Who is learning? Who is a student of woodworking? All of us, I contend, are, or at least should be, and almost always.
Now, the healthy innocence of a student, not to be confused with a lack of confidence, is apparent when you start learning a new fundamental skill, such as paring with a long paring chisel. The same is true when you apply solid basic skills to a completely new task, such as using your layout, sawing, and chiseling skills to execute unfamiliar joinery, such as a multiple mortise and tenon.
However, the presence of a learning situation is not so apparent at other times. An example, might be when you use a skill set that you have long mastered, such as cutting a through dovetail joint, in a different circumstance. You are very good at making that joint but this time the wood is different, a bit harder perhaps, and your customary slope ratio creates problems. You discover that you must also adjust your tolerances, tooling, and expectations.
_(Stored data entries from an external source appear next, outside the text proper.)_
-- ===== src/Addr/Parse.antt =====
-- `FromStr` of `std::net::IpAddr`. A reader takes the text that is left, and gives what it read
-- and the rest; `none` leaves the text where it was.
use proxpulse_judge.Base.{
  ℕ, zero, suc, ◌+◌, ◌-◌, ◌*◌, Bool, true, false, ◌&&◌, ◌||◌, Option, none, some, List, [], ◌∷◌,
  ◌++◌, ltb, leb, ◌==◌, if◌then◌else◌, ◌>>=◌, ◌≡◌, refl, Text, codes, length, replicate,
}
use proxpulse_judge.Addr.Basic.{IpAddr, v4, v6}

-- `char::to_digit`
unfoldable pub to_digit : ℕ → ℕ → Option ℕ
to_digit radix c =
    let value =
      (if leb b'0' c && leb c b'9'
        then c - b'0'
        else if leb b'a' c && leb c b'f'
        then c - b'a' + 10
        else if leb b'A' c && leb c b'F'
        then c - b'A' + 10
        else 255) in
    if ltb value radix then some value else none

-- The number so far, how many digits it has, and `left` more digits allowed.
unfoldable pub read_digits : ℕ → ℕ → Text → ℕ → ℕ → Option (ℕ × ℕ × Text)
unfolding to_digit
read_digits radix left [] n count = some (n, count, [])
read_digits radix zero (c ∷ s) n count = elim (to_digit radix c) [
  | none ↦ some (n, count, c ∷ s)
  | some d ↦ none
]
read_digits radix (suc left) (c ∷ s) n count = elim (to_digit radix c) [
  | none ↦ some (n, count, c ∷ s)
  | some d ↦ read_digits radix left s (n * radix + d) (count + 1)
]

unfoldable pub zero_first : Text → Bool
zero_first [] = false
zero_first (c ∷ s) = c == b'0'

-- `read_number`: at most `most` digits, a value below `bound`, and a leading zero on its own only,
-- unless it is allowed.
unfoldable pub read_number : ℕ → ℕ → ℕ → Bool → Text → Option (ℕ × Text)
unfolding read_digits zero_first
read_number radix most bound allow_zero s = do
  (n, count, rest) ← read_digits radix most s 0 0
  if count == 0
        || (zero_first s && ltb 1 count && (if allow_zero then false else true))
        || leb bound n
      then none
      else some (n, rest)

unfoldable pub read_char : ℕ → Text → Option Text
read_char c [] = none
read_char c (d ∷ s) = if d == c then some s else none

unfoldable pub read_octet : Text → Option (ℕ × Text)
unfolding read_number
read_octet s = read_number 10 3 256 false s

unfoldable pub read_v4 : Text → Option (ℕ × ℕ × ℕ × ℕ × Text)
read_v4 s = do
  (a, s₁) ← read_octet s
  s₂ ← read_char b'.' s₁
  (b, s₃) ← read_octet s₂
  s₄ ← read_char b'.' s₃
  (c, s₅) ← read_octet s₄
  s₆ ← read_char b'.' s₅
  (d, s₇) ← read_octet s₆
  some (a, b, c, d, s₇)

-- `read_separator(':', i, …)`: no separator before the first group.
unfoldable pub read_sep : Bool → Text → Option Text
unfolding read_char
read_sep true s = some s
read_sep false s = read_char b':' s

unfoldable pub read_group : Bool → Text → Option (ℕ × Text)
read_group first s = do s' ← read_sep first s; read_number 16 4 65_536 true s'

-- An embedded IPv4 address needs two groups.
unfoldable pub read_embedded : ℕ → Bool → Text → Option (ℕ × ℕ × ℕ × ℕ × Text)
read_embedded zero first s = none
read_embedded (suc k) first s = do s' ← read_sep first s; read_v4 s'

-- At most `left` groups: the groups, whether an IPv4 address ended them, and the rest.
unfoldable pub read_groups : ℕ → Bool → Text → List ℕ × Bool × Text
read_groups zero first s = ([], false, s)
read_groups (suc k) first s = elim (read_embedded k first s) [
  | some (a, b, c, d, rest) ↦ ((a * 256 + b) ∷ (c * 256 + d) ∷ [], true, rest)
  | none ↦ elim (read_group first s) [
    | none ↦ ([], false, s)
    | some (g, rest) ↦ let (gs, v4_last, end) = read_groups k false rest in (g ∷ gs, v4_last, end)
  ]
]

unfoldable pub of_segments : List ℕ → Option IpAddr
of_segments (a ∷ b ∷ c ∷ d ∷ e ∷ f ∷ g ∷ h ∷ []) = some (v6 a b c d e f g h)
of_segments _ = none

-- The part behind `::`: it stands for one group of zeros at least.
unfoldable pub read_tail : List ℕ → Text → Option (IpAddr × Text)
read_tail head s = do
  s₁ ← read_char b':' s
  s₂ ← read_char b':' s₁
  let (gs, v4_last, rest) = read_groups (7 - length head) true s₂
  addr ← of_segments (head ++ (replicate (8 - length head - length gs) 0 ++ gs))
  some (addr, rest)

unfoldable pub read_v6 : Text → Option (IpAddr × Text)
read_v6 s =
    let (head, v4_last, rest) = read_groups 8 true s in
    let tail = read_tail head rest in
    if length head == 8
    then (do addr ← of_segments head; some (addr, rest))
    else if v4_last
    then none
    else tail

unfoldable pub read_addr : Text → Option (IpAddr × Text)
read_addr s = elim (read_v4 s) [
  | some (a, b, c, d, rest) ↦ some (v4 a b c d, rest)
  | none ↦ read_v6 s
]

-- The whole text has to be read.
unfoldable pub all_read : Option (IpAddr × Text) → Option IpAddr
all_read none = none
all_read (some (addr, [])) = some addr
all_read (some (addr, c ∷ rest)) = none

-- `s.parse::<IpAddr>()`
unfoldable pub parse_addr : Text → Option IpAddr
unfolding all_read read_addr read_v4 read_octet read_char read_v6 read_groups read_tail of_segments
    read_embedded read_group read_sep read_number
parse_addr s = all_read (read_addr s)

parse_tests :
    (parse_addr (codes "1.2.3.4") ≡ some (v4 1 2 3 4))
    × (parse_addr (codes "1.2.3.04") ≡ none)
    × (parse_addr (codes "1.2.3.256") ≡ none)
    × (parse_addr (codes "2001:0db8:0:0:0:0:0:1") ≡ some (v6 0x2001 0xdb8 0 0 0 0 0 1))
    × (parse_addr (codes "::ffff:1.2.3.4") ≡ some (v6 0 0 0 0 0 0xffff 0x102 0x304))
    × (parse_addr (codes "::") ≡ some (v6 0 0 0 0 0 0 0 0))
    × (parse_addr (codes "1:2") ≡ none)
unfolding parse_addr
parse_tests = (refl, refl, refl, refl, refl, refl, refl)
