-- ===== src/Addr/Digits.antt =====
-- Octets and hexadecimal groups are read back from their print.
use proxpulse_judge.Base.{
  ℕ, zero, suc, ◌+◌, ◌*◌, ◌/◌, ◌%◌, ◌≤◌, ◌<◌, ◌≡◌, refl, Bool, true, false, ◌&&◌, Option, none,
  some, [], ◌∷◌, ◌++◌, ◌∙◌, arith, ltb, if◌then◌else◌, Text,
}
use proxpulse_judge.Str.Basic.{digit_char}
use proxpulse_judge.Addr.Print.{print_octet, print_group}
use proxpulse_judge.Addr.Parse.{to_digit, read_digits, read_number, read_octet, zero_first}
use native.Mathlib.Decide.{dec_lt}

-- What follows is no digit.
abbrev pub Stops : ℕ → Text → Type 0
Stops radix [] = Unit
Stops radix (c ∷ s) = to_digit radix c ≡ none

to_digit-decimal : (d : ℕ) → d < 10 → to_digit 10 (b'0' + d) ≡ some d
unfolding to_digit
to_digit-decimal d h = ground arith

to_digit-hex : (d : ℕ) → d < 16 → to_digit 16 (digit_char d) ≡ some d
unfolding to_digit digit_char
to_digit-hex d h = ground arith

octet_text :
    (n : ℕ)
    → (n < 10 → print_octet n ≡ (b'0' + n) ∷ [])
      × (10 ≤ n → n < 100 → print_octet n ≡ (b'0' + n / 10) ∷ (b'0' + n % 10) ∷ [])
      × (100 ≤ n
          → n < 256
          → print_octet n ≡ (b'0' + n / 100) ∷ (b'0' + n / 10 % 10) ∷ (b'0' + n % 10) ∷ [])
unfolding print_octet digit_char
octet_text n = (λ a. ground arith, λ a b. ground arith, λ a b. ground arith)

group_text :
    (n : ℕ)
    → (n < 16 → print_group n ≡ digit_char n ∷ [])
      × (16 ≤ n → n < 256 → print_group n ≡ digit_char (n / 16) ∷ digit_char (n % 16) ∷ [])
      × (256 ≤ n
          → n < 4096
          → print_group n
            ≡ digit_char (n / 256) ∷ digit_char (n / 16 % 16) ∷ digit_char (n % 16) ∷ [])
      × (4096 ≤ n
          → n < 65536
          → print_group n
            ≡ digit_char (n / 4096)
              ∷ digit_char (n / 256 % 16)
              ∷ digit_char (n / 16 % 16)
              ∷ digit_char (n % 16)
              ∷ [])
unfolding print_group
group_text n = (λ a. ground arith, λ a b. ground arith, λ a b. ground arith, λ a b. ground arith)

-- Reading stops where the digits do.
read_stop :
    (radix left n count : ℕ) (rest : Text)
    → Stops radix rest
    → read_digits radix left rest n count ≡ some (n, count, rest)
unfolding read_digits
read_stop radix zero n count [] h = refl
read_stop radix (suc left) n count [] h = refl
read_stop radix zero n count (c ∷ s) h = ground arith
read_stop radix (suc left) n count (c ∷ s) h = ground arith

read_step :
    (radix left n count c d : ℕ) (s : Text)
    → to_digit radix c ≡ some d
    → read_digits radix (suc left) (c ∷ s) n count
      ≡ read_digits radix left s (n * radix + d) (count + 1)
unfolding read_digits
read_step radix left n count c d s h = ground arith

digit_lt : (radix c d : ℕ) → to_digit radix c ≡ some d → d < radix
unfolding to_digit
digit_lt radix c d h = ground arith

read_number_lem :
    (radix most bound n count : ℕ) (allow : Bool) (s rest : Text)
    → read_digits radix most s 0 0 ≡ some (n, count, rest)
    → 0 < count
    → (zero_first s && ltb 1 count && (if allow then false else true)) ≡ false
    → n < bound
    → read_number radix most bound allow s ≡ some (n, rest)
unfolding read_number
read_number_lem radix most bound n count allow s rest h pos lead fits = ground arith

settle :
    (r : Option (ℕ × ℕ × Text)) (n n' count count' : ℕ) (rest : Text)
    → r ≡ some (n', count', rest)
    → n' ≡ n
    → count' ≡ count
    → r ≡ some (n, count, rest)
settle r n n' count count' rest e p q = cc

module _ (radix l : ℕ) (rest : Text) (stops : Stops radix rest) where
  read_one :
      (c d n : ℕ)
      → to_digit radix c ≡ some d
      → d ≡ n
      → read_digits radix (suc l) (c ∷ rest) 0 0 ≡ some (n, 1, rest)
  read_one c d n h e =
      settle _ n _ 1 _ rest (read_step radix l 0 0 c d rest h ∙ read_stop radix l _ _ rest stops)
        (omega arith) (omega arith)

  read_two :
      (c c' d d' n : ℕ)
      → to_digit radix c ≡ some d
      → to_digit radix c' ≡ some d'
      → d * radix + d' ≡ n
      → read_digits radix (suc (suc l)) (c ∷ c' ∷ rest) 0 0 ≡ some (n, 2, rest)
  read_two c c' d d' n h h' e =
      settle _ n _ 2 _ rest
        (read_step radix (suc l) 0 0 c d (c' ∷ rest) h
          ∙ read_step radix l _ _ c' d' rest h'
          ∙ read_stop radix l _ _ rest stops)
        (omega arith) (omega arith)

  read_three :
      (c c' c'' d d' d'' n : ℕ)
      → to_digit radix c ≡ some d
      → to_digit radix c' ≡ some d'
      → to_digit radix c'' ≡ some d''
      → (d * radix + d') * radix + d'' ≡ n
      → read_digits radix (suc (suc (suc l))) (c ∷ c' ∷ c'' ∷ rest) 0 0 ≡ some (n, 3, rest)
  read_three c c' c'' d d' d'' n h h' h'' e =
      settle _ n _ 3 _ rest
        (read_step radix (suc (suc l)) 0 0 c d (c' ∷ c'' ∷ rest) h
          ∙ read_step radix (suc l) _ _ c' d' (c'' ∷ rest) h'
          ∙ read_step radix l _ _ c'' d'' rest h''
          ∙ read_stop radix l _ _ rest stops)
        (omega arith) (omega arith)

  read_four :
      (c c' c'' c''' d d' d'' d''' n : ℕ)
      → to_digit radix c ≡ some d
      → to_digit radix c' ≡ some d'
      → to_digit radix c'' ≡ some d''
      → to_digit radix c''' ≡ some d'''
      → ((d * radix + d') * radix + d'') * radix + d''' ≡ n
      → read_digits radix (suc (suc (suc (suc l)))) (c ∷ c' ∷ c'' ∷ c''' ∷ rest) 0 0
        ≡ some (n, 4, rest)
  read_four c c' c'' c''' d d' d'' d''' n h h' h'' h''' e =
      settle _ n _ 4 _ rest
        (read_step radix (suc (suc (suc l))) 0 0 c d (c' ∷ c'' ∷ c''' ∷ rest) h
          ∙ read_step radix (suc (suc l)) _ _ c' d' (c'' ∷ c''' ∷ rest) h'
          ∙ read_step radix (suc l) _ _ c'' d'' (c''' ∷ rest) h''
          ∙ read_step radix l _ _ c''' d''' rest h'''
          ∙ read_stop radix l _ _ rest stops)
        (omega arith) (omega arith)

pub read_octet-print :
    (n : ℕ) (rest : Text)
    → n < 256
    → Stops 10 rest
    → read_octet (print_octet n ++ rest) ≡ some (n, rest)
unfolding read_octet
read_octet-print n rest h stops = elim (dec_lt n 10) [
  | yes one ↦ rw ((octet_text n).0 one) (
      read_number_lem 10 3 256 n 1 false ((b'0' + n) ∷ rest) rest
        (read_one 10 2 rest stops (b'0' + n) n n (to_digit-decimal n one) refl) (omega arith)
        (ground arith) h)
  | no many ↦ elim (dec_lt n 100) [
    | yes two ↦ rw ((octet_text n).1 (omega arith) two) (
        read_number_lem 10 3 256 n 2 false ((b'0' + n / 10) ∷ (b'0' + n % 10) ∷ rest) rest
          (read_two 10 1 rest stops (b'0' + n / 10) (b'0' + n % 10) (n / 10) (n % 10) n
            (to_digit-decimal (n / 10) (omega arith)) (to_digit-decimal (n % 10) (omega arith))
            (omega arith))
          (omega arith) (ground arith) h)
    | no three ↦ rw ((octet_text n).2 (omega arith) h) (
        read_number_lem 10 3 256 n 3 false
          ((b'0' + n / 100) ∷ (b'0' + n / 10 % 10) ∷ (b'0' + n % 10) ∷ rest) rest
          (read_three 10 0 rest stops (b'0' + n / 100) (b'0' + n / 10 % 10) (b'0' + n % 10)
            (n / 100) (n / 10 % 10) (n % 10) n (to_digit-decimal (n / 100) (omega arith))
            (to_digit-decimal (n / 10 % 10) (omega arith)) (to_digit-decimal (n % 10) (omega arith))
            (omega arith))
          (omega arith) (ground arith) h)
  ]
]

abbrev pub number_after : Text → Option (ℕ × Text)
number_after s = read_number 16 4 65_536 true s

pub read_group-print :
    (n : ℕ) (rest : Text)
    → n < 65536
    → Stops 16 rest
    → number_after (print_group n ++ rest) ≡ some (n, rest)
read_group-print n rest h stops = elim (dec_lt n 16) [
  | yes one ↦ rw ((group_text n).0 one) (
      read_number_lem 16 4 65536 n 1 true (digit_char n ∷ rest) rest
        (read_one 16 3 rest stops (digit_char n) n n (to_digit-hex n one) refl) (omega arith)
        (ground arith) h)
  | no many ↦ elim (dec_lt n 256) [
    | yes two ↦ rw ((group_text n).1 (omega arith) two) (
        read_number_lem 16 4 65536 n 2 true (digit_char (n / 16) ∷ digit_char (n % 16) ∷ rest) rest
          (read_two 16 2 rest stops (digit_char (n / 16)) (digit_char (n % 16)) (n / 16) (n % 16) n
            (to_digit-hex (n / 16) (omega arith)) (to_digit-hex (n % 16) (omega arith))
            (omega arith))
          (omega arith) (ground arith) h)
    | no more ↦ elim (dec_lt n 4096) [
      | yes three ↦ rw ((group_text n).2 (omega arith) three) (
          read_number_lem 16 4 65536 n 3 true
            (digit_char (n / 256) ∷ digit_char (n / 16 % 16) ∷ digit_char (n % 16) ∷ rest) rest
            (read_three 16 1 rest stops (digit_char (n / 256)) (digit_char (n / 16 % 16))
              (digit_char (n % 16)) (n / 256) (n / 16 % 16) (n % 16) n
              (to_digit-hex (n / 256) (omega arith)) (to_digit-hex (n / 16 % 16) (omega arith))
              (to_digit-hex (n % 16) (omega arith)) (omega arith))
            (omega arith) (ground arith) h)
      | no four ↦ rw ((group_text n).3 (omega arith) h) (
          read_number_lem 16 4 65536 n 4 true
            (digit_char (n / 4096)
              ∷ digit_char (n / 256 % 16)
              ∷ digit_char (n / 16 % 16)
              ∷ digit_char (n % 16)
              ∷ rest)
            rest
            (read_four 16 0 rest stops (digit_char (n / 4096)) (digit_char (n / 256 % 16))
              (digit_char (n / 16 % 16)) (digit_char (n % 16)) (n / 4096) (n / 256 % 16)
              (n / 16 % 16) (n % 16) n (to_digit-hex (n / 4096) (omega arith))
              (to_digit-hex (n / 256 % 16) (omega arith)) (to_digit-hex (n / 16 % 16) (omega arith))
              (to_digit-hex (n % 16) (omega arith)) (omega arith))
            (omega arith) (ground arith) h)
    ]
  ]
]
Thus, this too is a learning situation but you may not recognize it as such. You are, in effect, overconfident. Worse, you are mentally closed but you should be open.
I believe that an absolute requirement for learning is to first recognize and accept that I do not, right now, know. Experience and previous successes must not obscure this.
To learn – and learn, we must – we have to see the door, open the door, and walk through it.
The late, great basketball coach John Wooden: “It is what you learn after you know it all that counts.”